- Other names: Somanayaki Amma
- Consort: Somanātha

= Somalamma =

Hindu Devi that protects Soma

Somalamma, also called Somanalamma and Somanayaki Amma, is a Hindu devi (goddess) who protects soma and gives soma to her devotees to relieve their health and mental symptoms.

== Soma ==

Soma (सोम), or Haoma (Avestan), from Proto-Indo-Iranian *sauma-, was an important ritual drink for early Indo-Iranian peoples, and the later Vedic and greater Persian cultures. It is frequently mentioned in the Rigveda, which contains many hymns praising its energising qualities. In the Avesta, haoma has an entire Yasht dedicated to it.

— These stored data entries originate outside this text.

-- ===== src/MapReduce/Tests.antt =====
-- Runs of the theorems about the map-reduce library on three pairs.
use ostep_projects_finish.Common.{
  ℕ, ◌≡◌, suc, refl, List, [], ◌∷◌, some, length, arith, ◌<◌, ◌++◌, map, All,
}
use native.Mathlib.Nat.{mod-lt}
use ostep_projects_finish.MapReduce.{
  Bytes, MapData, Line, strcmp_lt, mr_reduce, mr_default_hash_partition,
}
use ostep_projects_finish.MapReduce.Shuffle.{IsSorted}
use ostep_projects_finish.MapReduce.Run.{
  occurrences, total, goes_to, shuffled, mr_reduce-mr_shuffle,
}
use ostep_projects_finish.MapReduce.{hash_from, mr_emit}
use ostep_projects_finish.MapReduce.Mapper.{
  Mappers, Step, Reach, map_file, map_all, mr_finish, emit_lines, emit_tokens, getlines, strsep,
}
use ostep_projects_finish.MapReduce.Words.{NoNul, pair_of, words_of, map_file-words}
use ostep_projects_finish.MapReduce.Whole.{start_mappers, word_count, mr_finish-word_count}
use ostep_projects_finish.MapReduce.Once.{IsAscending, mr_reduce-IsAscending}

abbrev pair : ℕ → MapData
pair c = record { key = c ∷ []; value = 49 ∷ []; part_number = 0 }

abbrev sorted : List MapData
sorted = pair 97 ∷ pair 99 ∷ []

abbrev emitted : List MapData
emitted = pair 99 ∷ pair 97 ∷ pair 99 ∷ []

sorted-IsSorted : IsSorted sorted
unfolding strcmp_lt
sorted-IsSorted = ((refl, tt), (tt, tt))

in_range : (k : Bytes) → mr_default_hash_partition k 2 < 2
unfolding mr_default_hash_partition
in_range k = mod-lt (hash_from 5381 k) (omega arith)

mr_reduce-mr_shuffle_example :
    (lines : List Line) × (mr_reduce
        (suc (length (shuffled mr_default_hash_partition 2 emitted 1)))
        (record { data_list = shuffled mr_default_hash_partition 2 emitted 1; part_count = 0 })
      ≡ some lines)
    × ((k : Bytes)
        → total k lines ≡ goes_to mr_default_hash_partition 2 k 1 (occurrences k emitted))
mr_reduce-mr_shuffle_example =
    mr_reduce-mr_shuffle mr_default_hash_partition 2 emitted 1 in_range (omega arith)

-- Two files, "a b" and "b", and the mappers' emits in the order of the second, the first and the first.
abbrev files : List (List ℕ)
files = (97 ∷ 32 ∷ 98 ∷ []) ∷ (98 ∷ []) ∷ []

abbrev a_word : MapData
a_word = pair 97

abbrev b_word : MapData
b_word = pair 98

abbrev pairs : List (List MapData)
pairs = (a_word ∷ b_word ∷ []) ∷ (b_word ∷ []) ∷ []

files-NoNul : All NoNul files
files-NoNul = ((omega arith, (omega arith, (omega arith, tt))), ((omega arith, tt), tt))

map_file-words_example :
    map_file (97 ∷ 32 ∷ 98 ∷ []) [] ≡ some ([] ++ map pair_of (words_of (97 ∷ 32 ∷ 98 ∷ [])))
map_file-words_example = map_file-words (97 ∷ 32 ∷ 98 ∷ []) [] files-NoNul.0

abbrev mapped : Mappers
mapped = record { to_emit = [] ∷ [] ∷ []; all_data = b_word ∷ a_word ∷ b_word ∷ [] }

mapped-Reach : Reach (start_mappers pairs) mapped
unfolding mr_emit
mapped-Reach =
    Reach.later
      (Reach.later (Reach.later Reach.start (Step.emit 1 b_word [] refl))
        (Step.emit 0 a_word (b_word ∷ []) refl))
      (Step.emit 0 b_word [] refl)

maps_all : map_all files ≡ some pairs
unfolding map_all map_file emit_lines emit_tokens getlines strsep mr_emit
maps_all = refl

mr_finish-word_count_example :
    (lines : List Line) × (mr_finish mr_default_hash_partition 2 mapped.all_data ≡ some lines)
    × ((k : Bytes) → total k lines ≡ word_count k files)
mr_finish-word_count_example =
    mr_finish-word_count mr_default_hash_partition 2 files pairs mapped in_range files-NoNul
      maps_all mapped-Reach (refl, (refl, tt))

mr_reduce-IsAscending_example :
    (lines : List Line) × (mr_reduce
        (suc (length (shuffled mr_default_hash_partition 2 emitted 1)))
        (record { data_list = shuffled mr_default_hash_partition 2 emitted 1; part_count = 0 })
      ≡ some lines)
    × IsAscending lines
mr_reduce-IsAscending_example =
    mr_reduce-IsAscending mr_default_hash_partition 2 emitted 1 in_range (omega arith)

In the Vedas, soma is personified as sacred and divine (deva). The god, the drink, and the plant probably referred to the same entity, or at least the difference was ambiguous. In this aspect, soma is similar to the Greek ambrosia (cognate to amrita); it is what the gods drink and what makes them deities. Indra and Agni are portrayed as consuming Soma in copious quantities. The consumption of soma by human beings was probably under the belief that it bestowed divine qualities on them.

== Temples ==
The goddess Somalamma temples are mainly governed by the Goud communities. Every year, there is a gathering of many of her devotees in various temples in Andhra Pradesh.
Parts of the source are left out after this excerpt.